(Stored data)

=== Begin Enclosure ===

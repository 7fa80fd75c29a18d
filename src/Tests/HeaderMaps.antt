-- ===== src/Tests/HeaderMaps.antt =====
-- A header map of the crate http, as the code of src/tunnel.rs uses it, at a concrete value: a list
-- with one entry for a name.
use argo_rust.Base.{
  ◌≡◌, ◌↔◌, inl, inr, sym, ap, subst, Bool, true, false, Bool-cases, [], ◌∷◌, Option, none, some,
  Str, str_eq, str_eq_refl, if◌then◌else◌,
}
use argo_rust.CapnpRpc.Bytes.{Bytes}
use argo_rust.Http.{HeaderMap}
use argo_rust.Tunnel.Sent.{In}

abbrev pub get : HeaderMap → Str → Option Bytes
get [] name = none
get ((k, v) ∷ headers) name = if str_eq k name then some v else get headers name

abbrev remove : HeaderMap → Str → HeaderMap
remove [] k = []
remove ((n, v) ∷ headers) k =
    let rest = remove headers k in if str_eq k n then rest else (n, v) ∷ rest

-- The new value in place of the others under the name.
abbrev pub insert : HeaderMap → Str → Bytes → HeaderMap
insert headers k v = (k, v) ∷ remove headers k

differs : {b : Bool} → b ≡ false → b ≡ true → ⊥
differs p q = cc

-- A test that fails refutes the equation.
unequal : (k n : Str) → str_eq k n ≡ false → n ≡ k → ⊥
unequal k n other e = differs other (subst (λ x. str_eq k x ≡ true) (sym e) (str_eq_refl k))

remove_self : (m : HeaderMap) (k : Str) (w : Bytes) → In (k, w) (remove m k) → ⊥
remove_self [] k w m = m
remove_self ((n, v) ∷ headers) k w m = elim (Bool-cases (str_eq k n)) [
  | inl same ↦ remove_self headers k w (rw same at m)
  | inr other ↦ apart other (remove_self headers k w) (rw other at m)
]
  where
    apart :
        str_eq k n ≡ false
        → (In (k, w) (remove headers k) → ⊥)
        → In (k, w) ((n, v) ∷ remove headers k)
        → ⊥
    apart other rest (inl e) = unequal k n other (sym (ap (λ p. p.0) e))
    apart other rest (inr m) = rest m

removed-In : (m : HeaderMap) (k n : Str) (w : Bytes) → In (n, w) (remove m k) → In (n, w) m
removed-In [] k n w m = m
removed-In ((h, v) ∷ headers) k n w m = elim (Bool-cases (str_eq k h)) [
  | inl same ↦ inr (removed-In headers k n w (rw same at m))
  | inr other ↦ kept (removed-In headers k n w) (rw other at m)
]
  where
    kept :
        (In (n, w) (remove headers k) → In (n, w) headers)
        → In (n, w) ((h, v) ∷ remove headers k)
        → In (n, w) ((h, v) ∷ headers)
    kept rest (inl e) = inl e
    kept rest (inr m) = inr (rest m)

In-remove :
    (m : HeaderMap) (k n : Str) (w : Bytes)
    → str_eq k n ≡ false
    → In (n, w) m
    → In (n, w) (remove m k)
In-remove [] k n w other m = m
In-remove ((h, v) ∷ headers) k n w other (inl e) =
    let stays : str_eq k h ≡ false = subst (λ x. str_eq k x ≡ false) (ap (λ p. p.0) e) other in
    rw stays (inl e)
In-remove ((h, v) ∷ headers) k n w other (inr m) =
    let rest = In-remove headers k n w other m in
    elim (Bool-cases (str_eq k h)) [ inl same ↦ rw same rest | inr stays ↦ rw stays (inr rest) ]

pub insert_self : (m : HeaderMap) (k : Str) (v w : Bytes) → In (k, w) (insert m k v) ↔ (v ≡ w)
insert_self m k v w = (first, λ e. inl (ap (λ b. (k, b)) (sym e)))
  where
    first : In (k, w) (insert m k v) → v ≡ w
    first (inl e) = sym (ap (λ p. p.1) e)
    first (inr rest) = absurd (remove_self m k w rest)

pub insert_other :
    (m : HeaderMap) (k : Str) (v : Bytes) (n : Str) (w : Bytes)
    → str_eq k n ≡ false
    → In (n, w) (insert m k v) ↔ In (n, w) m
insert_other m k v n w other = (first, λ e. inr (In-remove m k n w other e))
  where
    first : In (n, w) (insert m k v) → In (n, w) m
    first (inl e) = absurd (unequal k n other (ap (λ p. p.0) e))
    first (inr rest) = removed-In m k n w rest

=== End Enclosure ===

-- PROBLEM STATEMENT --
Nothing in the records above may differ in your copy; retype them in full.

-- RESULT FOR THIS TASK --
repository 7fa80fd75c29a18d
filename src/Tests/HeaderMaps.antt
-- ===== src/Tests/HeaderMaps.antt =====
-- A header map of the crate http, as the code of src/tunnel.rs uses it, at a concrete value: a list
-- with one entry for a name.
use argo_rust.Base.{
  ◌≡◌, ◌↔◌, inl, inr, sym, ap, subst, Bool, true, false, Bool-cases, [], ◌∷◌, Option, none, some,
  Str, str_eq, str_eq_refl, if◌then◌else◌,
}
use argo_rust.CapnpRpc.Bytes.{Bytes}
use argo_rust.Http.{HeaderMap}
use argo_rust.Tunnel.Sent.{In}

abbrev pub get : HeaderMap → Str → Option Bytes
get [] name = none
get ((k, v) ∷ headers) name = if str_eq k name then some v else get headers name

abbrev remove : HeaderMap → Str → HeaderMap
remove [] k = []
remove ((n, v) ∷ headers) k =
    let rest = remove headers k in if str_eq k n then rest else (n, v) ∷ rest

-- The new value in place of the others under the name.
abbrev pub insert : HeaderMap → Str → Bytes → HeaderMap
insert headers k v = (k, v) ∷ remove headers k

differs : {b : Bool} → b ≡ false → b ≡ true → ⊥
differs p q = cc

-- A test that fails refutes the equation.
unequal : (k n : Str) → str_eq k n ≡ false → n ≡ k → ⊥
unequal k n other e = differs other (subst (λ x. str_eq k x ≡ true) (sym e) (str_eq_refl k))

remove_self : (m : HeaderMap) (k : Str) (w : Bytes) → In (k, w) (remove m k) → ⊥
remove_self [] k w m = m
remove_self ((n, v) ∷ headers) k w m = elim (Bool-cases (str_eq k n)) [
  | inl same ↦ remove_self headers k w (rw same at m)
  | inr other ↦ apart other (remove_self headers k w) (rw other at m)
]
  where
    apart :
        str_eq k n ≡ false
        → (In (k, w) (remove headers k) → ⊥)
        → In (k, w) ((n, v) ∷ remove headers k)
        → ⊥
    apart other rest (inl e) = unequal k n other (sym (ap (λ p. p.0) e))
    apart other rest (inr m) = rest m

removed-In : (m : HeaderMap) (k n : Str) (w : Bytes) → In (n, w) (remove m k) → In (n, w) m
removed-In [] k n w m = m
removed-In ((h, v) ∷ headers) k n w m = elim (Bool-cases (str_eq k h)) [
  | inl same ↦ inr (removed-In headers k n w (rw same at m))
  | inr other ↦ kept (removed-In headers k n w) (rw other at m)
]
  where
    kept :
        (In (n, w) (remove headers k) → In (n, w) headers)
        → In (n, w) ((h, v) ∷ remove headers k)
        → In (n, w) ((h, v) ∷ headers)
    kept rest (inl e) = inl e
    kept rest (inr m) = inr (rest m)

In-remove :
    (m : HeaderMap) (k n : Str) (w : Bytes)
    → str_eq k n ≡ false
    → In (n, w) m
    → In (n, w) (remove m k)
In-remove [] k n w other m = m
In-remove ((h, v) ∷ headers) k n w other (inl e) =
    let stays : str_eq k h ≡ false = subst (λ x. str_eq k x ≡ false) (ap (λ p. p.0) e) other in
    rw stays (inl e)
In-remove ((h, v) ∷ headers) k n w other (inr m) =
    let rest = In-remove headers k n w other m in
    elim (Bool-cases (str_eq k h)) [ inl same ↦ rw same rest | inr stays ↦ rw stays (inr rest) ]

pub insert_self : (m : HeaderMap) (k : Str) (v w : Bytes) → In (k, w) (insert m k v) ↔ (v ≡ w)
insert_self m k v w = (first, λ e. inl (ap (λ b. (k, b)) (sym e)))
  where
    first : In (k, w) (insert m k v) → v ≡ w
    first (inl e) = sym (ap (λ p. p.1) e)
    first (inr rest) = absurd (remove_self m k w rest)

pub insert_other :
    (m : HeaderMap) (k : Str) (v : Bytes) (n : Str) (w : Bytes)
    → str_eq k n ≡ false
    → In (n, w) (insert m k v) ↔ In (n, w) m
insert_other m k v n w other = (first, λ e. inr (In-remove m k n w other e))
  where
    first : In (n, w) (insert m k v) → In (n, w) m
    first (inl e) = absurd (unequal k n other (ap (λ p. p.0) e))
    first (inr rest) = removed-In m k n w rest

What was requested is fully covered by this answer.